Sentada confortavelmente na mesa retrátil, agora aberta, puxo a linha devagar, da lateral de cada espinho do peixe-leão. Mexer no peixe é mais trabalhoso que achei que seria, a linha que será usada para unir as pernas de Alex é fina e difícil de puxar, trabalho que se torna ainda mais complicado com as luvas grossas que estou usando, “para os espinhos venenosos”, Luís dissera ao me oferecê-las.

 Alex faz o jantar na pequena cozinha e Luís observa com atenção meu trabalho, sentado a minha frente, em nenhum momento pergunta nada. Olho de relance para Alex e o vejo jogar algo esquisito na chaleira que esquentava água para nosso chá, sem nem tentar disfarçar, suspiro. No mar aberto é muito mais frio que imaginei. Mais cedo decidimos dormir em alto-mar, para evitar encontros com quem quisesse capturar Alex ou Coral, Luís avisara sua esposa por telefone sobre nossa decisão.

 — Aqui. — o rapaz deixa nervosamente na mesa duas canecas brancas cheias de chá verde. Só pelo olhar que me dá sei que não devo beber.

 Encaro Luís que olha desconfiado para a caneca a sua frente. Seus olhos encontram os meus e aceno disfarçadamente com a cabeça, pelo menos eu sei disfarçar. Alex nos dá as costas de volta para a cozinha e Luís sobe para fora da cabine com a caneca em mãos. Provavelmente vai descartar seu conteúdo no mar.

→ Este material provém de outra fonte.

-- ===== src/Tests/Accounts.antt =====
-- The decoders on accounts of the two programs.
use kirite.Prelude.{◌≡◌, refl, pos, negsuc, true, false, [], ◌∷◌, ◌++◌, ok, replicate, arith}
use kirite.Web3.Toy.{Key, toy_web3}
use kirite.Accounts.Staking.{
  StakingPool, StakeAccount, StakingPoolFits, StakeAccountFits, decode_stake_account,
  stake_account_bytes,
}
use kirite.Accounts.ShieldPool.{
  ShieldPool, ShieldPoolFits, decode_shield_pool, shield_pool_bytes, decode_shield_pool-bytes,
}
use kirite.Accounts.RoundTrip.{decode_stake_account-bytes}
use kirite.Tests.Data.{small_bytes}

abbrev stake : StakeAccount Key
stake = record {
  owner = Key.alice;
  amount = 5000000;
  lock_days = 90;
  weight = 12500000;
  stake_at = pos 1700000000;
  last_acc = 18446744073709551616;
  unclaimed = 3;
  bump = 254;
}

stake-Fits : StakeAccountFits stake
stake-Fits = record {
  amount = omega arith;
  lock_days = omega arith;
  weight = omega arith;
  stake_at = omega arith;
  last_acc = omega arith;
  unclaimed = omega arith;
  bump = omega arith;
}

decode_stake_account-bytes_example :
    decode_stake_account toy_web3 (replicate 8 1 ++ stake_account_bytes toy_web3 stake) ≡ ok stake
decode_stake_account-bytes_example =
    decode_stake_account-bytes toy_web3 (replicate 8 1) stake refl stake-Fits

abbrev staking_pool : StakingPool Key
staking_pool = record {
  authority = Key.alice;
  kirite_mint = Key.bob;
  kirite_vault = Key.pool_key;
  fee_vault = Key.program;
  total_stake_weight = 12500000;
  acc_reward_per_weight = 7;
  last_accounted_lamports = 900000;
  fee_vault_floor = 890880;
  bump = 255;
  vault_authority_bump = 254;
  fee_vault_bump = 253;
  is_draining = false;
  drain_started_at = negsuc 0;
  claim_enabled = true;
}

staking_pool-Fits : StakingPoolFits staking_pool
staking_pool-Fits = record {
  total_stake_weight = omega arith;
  acc_reward_per_weight = omega arith;
  last_accounted_lamports = omega arith;
  fee_vault_floor = omega arith;
  bump = omega arith;
  vault_authority_bump = omega arith;
  fee_vault_bump = omega arith;
  drain_started_at = omega arith;
}

abbrev shield_pool : ShieldPool Key
shield_pool = record {
  mint = Key.alice;
  operator = Key.bob;
  protocol_config = Key.program;
  vault = Key.pool_key;
  current_root = small_bytes 1;
  historical_roots = small_bytes 2 ∷ small_bytes 3 ∷ small_bytes 4 ∷ [];
  filled_subtrees = replicate 15 (small_bytes 5);
  denomination = 1000000000;
  total_deposits = 4;
  total_withdrawals = 2;
  fees_collected = 77;
  timelock_seconds = pos 3600;
  created_at = pos 1700000000;
  last_deposit_at = negsuc 5;
  next_leaf_index = 4;
  root_history_index = 2;
  is_frozen = 0;
  bump = 255;
  vault_authority_bump = 254;
}

shield_pool-Fits : ShieldPoolFits shield_pool
shield_pool-Fits = record {
  current_root = refl;
  historical_roots = (refl, (refl, (refl, tt)));
  three_roots = refl;
  filled_subtrees = ground arith;
  fifteen_subtrees = refl;
  denomination = omega arith;
  total_deposits = omega arith;
  total_withdrawals = omega arith;
  fees_collected = omega arith;
  timelock_seconds = omega arith;
  created_at = omega arith;
  last_deposit_at = omega arith;
  next_leaf_index = omega arith;
  root_history_index = omega arith;
  is_frozen = omega arith;
  bump = omega arith;
  vault_authority_bump = omega arith;
}

decode_shield_pool-bytes_example :
    decode_shield_pool toy_web3 (replicate 8 3 ++ shield_pool_bytes toy_web3 shield_pool)
    ≡ ok shield_pool
decode_shield_pool-bytes_example =
    decode_shield_pool-bytes toy_web3 (replicate 8 3) shield_pool refl shield_pool-Fits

 Alguns minutos se passam, talvez dez ou quinze, Luís retorna e chama Alex, que desliga o fogão e obedece o chamado de seu pai. Ambos conversam do lado de fora sobre coisas banais e sobre a vida e futuro. Em momento algum Luís menciona saber de Coral ou sobre saber que seu filho iria embora para o mar em algumas horas.

 Após enrolar toda linha do peixe-leão, puxo um dos espinhos, que fará o papel da agulha, um espinho grosso e desajeitado e parece muito dolorido para seu propósito. Com a ajuda do próprio espinho desenho o símbolo tão familiar para mim no corpo do peixe. Às vezes me esqueço como a magia funciona, o peixe alonga-se e murcha, tornando-se o que chamaria de uma coberta escamosa, que usarei para enrolar as pernas costuradas de meu cliente, entre a coberta de escamas, encontro as entranhas do peixe. Guardo tudo com  no compartimento embaixo do sofá, embalando as entranhas separadamente.

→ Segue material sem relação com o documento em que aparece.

-- ===== src/Tests/Ceremony.antt =====
-- The check of the ceremony's rounds on two rounds.
use kirite.Prelude.{ℕ, ◌≡◌, ◌↔◌, true, [], ◌∷◌, none, some, replicate, All}
use kirite.Bytes.{Bytes}
use kirite.Events.{Line}
use kirite.Ceremony.{Round, every_round, verify_ceremony}
use kirite.Ceremony.Verified.{Valid, verify_ceremony_iff}

abbrev digest : Bytes → Line
digest key = replicate 64 97

abbrev files : ℕ → Round
files n = record { zkey = some (n ∷ []); attestation = none; snarkjs_ok = true }

verify_ceremony_iff_example :
    (verify_ceremony digest files (1 ∷ 2 ∷ []) every_round ≡ 0)
    ↔ All (λ k. Valid digest (files k)) (1 ∷ 2 ∷ [])
verify_ceremony_iff_example = verify_ceremony_iff digest files 1 (2 ∷ [])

 Ambos, pai e filho retornam, Alex termina o jantar, um delicioso estrogonofe que comemos em silêncio. Luís oferece maçãs e bananas à Laima, que come com gosto. A louça é deixada na pia e ignorada para irmos dormir. Pai e filho dormem na cama de casal e deito-me na beliche, na cama debaixo.

 O balanço do veleiro juntamente com a ansiedade me impedem de dormir, de forma que apenas viro de um lado para outro. As horas passam devagar, ou talvez passam tão rápido que não percebo. Alexander sobe e desce, seguindo os movimentos ditados pela maré, as respirações constantes de Alex e seu pai mescla com o uivo do vento e do quebrar das ondas no casco da embarcação.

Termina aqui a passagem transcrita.